Another important difference is in the encoding methods used. 5G uses orthogonal frequency-division multiplexing (OFDM) encoding, similar to 4G, but it will use larger blocks of airwaves, 100-800 MHz channels, than 4G's 20 MHz channels bonded together at 160 MHz.

5G is also designed to be a unified, more capable platform than 4G, it natively supports all spectrum types, a wide range of deployment models and new ways to interconnect, like device-to-device and multi-hop mesh.

Lastly, 6G is currently being researched by companies like Samsung, it's not clear yet how fast 6G would be and how it would operate, but it is expected to operate in similar differences in magnitude as between 4G and 5G, using mmWave on the radio spectrum and may be a decade away.

Overall, 5G offers significant improvements over 4G, including faster speeds, more capacity, lower latency, and a more capable, unified platform. These improvements will enable new use cases and applications, and drive innovation and economic growth across industries.

Available 5G Smartphones

A 5G phone is a device that is specifically designed to support 5G networks, which means that it has the necessary hardware and software to connect to and utilize 5G networks. Unlike 4G phones, 5G phones cannot simply be upgraded via software to enable 5G capabilities.

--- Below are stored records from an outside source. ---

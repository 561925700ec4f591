-- ===== src/Decoder/Scalars.antt =====
-- Trivia, scalars and keys: the operations below the parser's loops.
use roundtrip.Base.{
  ℕ, zero, suc, ◌<◌, ◌≡◌, ap, Text, codes, true, false, not, ◌&&◌, ◌||◌, Option, none, some,
  text_eq, arith,
}
use roundtrip.Chars.{Unicode, IsUnicode, is_json5_identifier}
use roundtrip.Decoder.Rules.{size, Keeps, Safe, bind, branch, Keeps-trans, pure-Safe, fail-Safe}
use roundtrip.Decoder.Steps.{Shown, Shown-PeekOk, HasElem, load-Safe, peek-Safe, next-Safe}
use roundtrip.Decoder.{
  Node, start_of, end_of, leaf, Decoder, ok, M, invalid_space, unexpected_token, invalid_string,
  invalid_number, is_trivia, peek, consume_loop, consume, bad_space, ◌>>◌, ◌>>=◌, is_string_token,
  is_number_token, is_identifier, is_none, validate_string, validate_number, validate, parse_scalar,
  parse_identifier, parse_object_key, object_key_name, name_or,
}
use roundtrip.Lexer.Lossless.{PeekOk, peek_token_shown}
use roundtrip.Number.{valid_number_with_options}
use roundtrip.Quote.{unquote_string}
use roundtrip.Syntax.{SyntaxOptions}
use roundtrip.Token.{NodeType, string_node, number_node, bool_node, null_node, Token, is_eof}

-- a node whose ends are in the list, with less than `bound` of the text left
pub record Parsed (bound : ℕ) (n : Node) (c : Decoder) : Type 0 where
  pub start : HasElem (start_of n) c
  pub end : HasElem (end_of n) c
  pub smaller : size c < bound

is_trivia-not-eof :
    (t : Token) (opts : SyntaxOptions) → is_trivia t opts ≡ true → is_eof t.type ≡ false
is_trivia-not-eof t opts h = ground arith

-- a peek at a token that is shown changes nothing
peek-Shown : (u : Unicode) (t : Token) (d : Decoder) → Shown t d → peek u d ≡ ok t d
unfolding peek
peek-Shown u t d (e, k) =
    ap (λ p. ok p.0 (record d { lexer = p.1 })) (peek_token_shown u t d.lexer e)

module _ (u : Unicode) (t : Token) (d : Decoder) (s : Shown t d) where
  validate_string-Safe : Safe d (λ _ c. Shown t c) (validate_string u t d)
  unfolding validate_string
  validate_string-Safe =
      branch (not (is_string_token t.type)) _ _
        (λ _. fail-Safe unexpected_token t (Shown-PeekOk t d s))
        λ _.
          branch (is_none u (unquote_string t.literal d.syntax)) _ _
            (λ _. fail-Safe invalid_string t (Shown-PeekOk t d s))
            λ _. pure-Safe tt (Shown-PeekOk t d s) s

  validate_number-Safe : Safe d (λ _ c. Shown t c) (validate_number u t d)
  unfolding validate_number
  validate_number-Safe =
      branch (not (is_number_token t.type) && not (is_identifier t.type)) _ _
        (λ _. fail-Safe unexpected_token t (Shown-PeekOk t d s))
        λ _.
          branch (valid_number_with_options t.literal d.syntax) _ _
            (λ _. pure-Safe tt (Shown-PeekOk t d s) s)
            λ _. fail-Safe invalid_number t (Shown-PeekOk t d s)

  validate-Safe : (typ : NodeType) → Safe d (λ _ c. Shown t c) (validate u typ t d)
  unfolding validate
  validate-Safe string_node = validate_string-Safe
  validate-Safe number_node = validate_number-Safe
  validate-Safe _ = pure-Safe tt (Shown-PeekOk t d s) s

  pub parse_scalar-Safe :
      (typ : NodeType) → is_eof t.type ≡ false → Safe d (Parsed (size d)) (parse_scalar u typ d)
  unfolding parse_scalar
  parse_scalar-Safe typ n = rw (peek-Shown u t d s) (
      bind (validate-Safe typ) λ _ b p s'. bind (next-Safe u t b s') λ i c q (h, less).
        let small = less n in
        pure-Safe (leaf typ i) q.ready
          (record { start = h; end = h; smaller = omega (arith, p.shrinks) }))

  pub parse_identifier-Safe :
      is_eof t.type ≡ false → Safe d (Parsed (size d)) (parse_identifier u d)
  unfolding parse_identifier
  parse_identifier-Safe n = rw (peek-Shown u t d s) (
      branch (text_eq t.literal (codes "true") || text_eq t.literal (codes "false")) _ _
        (λ _. parse_scalar-Safe bool_node n)
        λ _.
          branch (text_eq t.literal (codes "null")) _ _ (λ _. parse_scalar-Safe null_node n)
            λ _.
              branch (valid_number_with_options t.literal d.syntax) _ _
                (λ _. parse_scalar-Safe number_node n)
                λ _. fail-Safe unexpected_token t (Shown-PeekOk t d s))

  pub parse_object_key-Safe :
      is_eof t.type ≡ false → Safe d (Parsed (size d)) (parse_object_key u d)
  unfolding parse_object_key
  parse_object_key-Safe n = rw (peek-Shown u t d s) (
      branch (is_identifier t.type) _ _
        (λ _.
          branch (not (is_json5_identifier u t.literal)) _ _
            (λ _. fail-Safe unexpected_token t (Shown-PeekOk t d s))
            λ _. bind (next-Safe u t d s) λ i c q (h, less).
              pure-Safe (leaf string_node i) q.ready
                (record { start = h; end = h; smaller = less n }))
        λ _. parse_scalar-Safe string_node n)

name_or-Safe :
    (o : Option Text) (t : Token) (d : Decoder)
    → PeekOk d.lexer
    → Safe d (λ _ _. Unit {0}) (name_or o t d)
name_or-Safe none t d r = fail-Safe invalid_string t r
name_or-Safe (some s) t d r = pure-Safe s r tt

pub object_key_name-Safe :
    (key : Node) (d : Decoder)
    → PeekOk d.lexer
    → HasElem (start_of key) d
    → Safe d (λ _ _. Unit {0}) (object_key_name key d)
unfolding object_key_name
object_key_name-Safe key d r h = bind (load-Safe (start_of key) d r h) λ t c p _.
    branch (is_identifier t.type) _ _ (λ _. pure-Safe t.literal p.ready tt)
      λ _. name_or-Safe (unquote_string t.literal c.syntax) t c p.ready

module _ (u : Unicode) (law : IsUnicode u) where
  consume_loop-Safe :
      (k : ℕ) (d : Decoder)
      → PeekOk d.lexer
      → size d < k
      → Safe d (λ _ _. Unit {0}) (consume_loop u k d)
  unfolding consume_loop
  consume_loop-Safe zero d r h = elim h [ ]
  consume_loop-Safe (suc k) d r h = bind (peek-Safe u law d r) λ t c p s.
      branch (is_trivia t c.syntax) _ _
        (λ y.
          branch (bad_space u t c.syntax) _ _ (λ _. fail-Safe invalid_space t (Shown-PeekOk t c s))
            λ _. bind (next-Safe u t c s) λ i e q (x, smaller).
              let less = smaller (is_trivia-not-eof t c.syntax y) in
              consume_loop-Safe k e q.ready (omega arith))
        λ _. pure-Safe tt (Shown-PeekOk t c s) tt

  pub consume-Safe : (d : Decoder) → PeekOk d.lexer → Safe d (λ _ _. Unit {0}) (consume u d)
  unfolding consume
  consume-Safe d r = consume_loop-Safe (suc (size d)) d r (omega arith)

  -- `consume` and the peek behind it
  pub consume_peek-Safe :
      {A : Type 0} {R : A → Decoder → Type 0} (k : Token → M A) (d : Decoder)
      → PeekOk d.lexer
      → ((t : Token) (c : Decoder) → Keeps d c → Shown t c → Safe c R (k t c))
      → Safe d R ((consume u >> (peek u >>= k)) d)
  consume_peek-Safe k d r go =
      bind (consume-Safe d r)
        λ _ b p _. bind (peek-Safe u law b p.ready) λ t c q s. go t c (Keeps-trans p q) s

There are a variety of 5G-enabled phones available on the market today from leading manufacturers such as Samsung, OnePlus, Motorola, Xiaomi, and Huawei. some examples of popular 5G phones include the Samsung Galaxy S10 5G, Samsung Galaxy Note10+ 5G, Samsung Galaxy A90 5G, OnePlus 7 Pro 5G, Moto Z3, Xiaomi Mi MIX 3 5G, Huawei Mate X and Huawei Mate 30 Pro 5G.

It's worth noting that in order to access 5G networks, users must have a 5G-enabled device, a carrier that supports 5G and be within an area that has a 5G node within range. Additionally, 5G coverage  is still being rolled out, so it may not be available in all areas.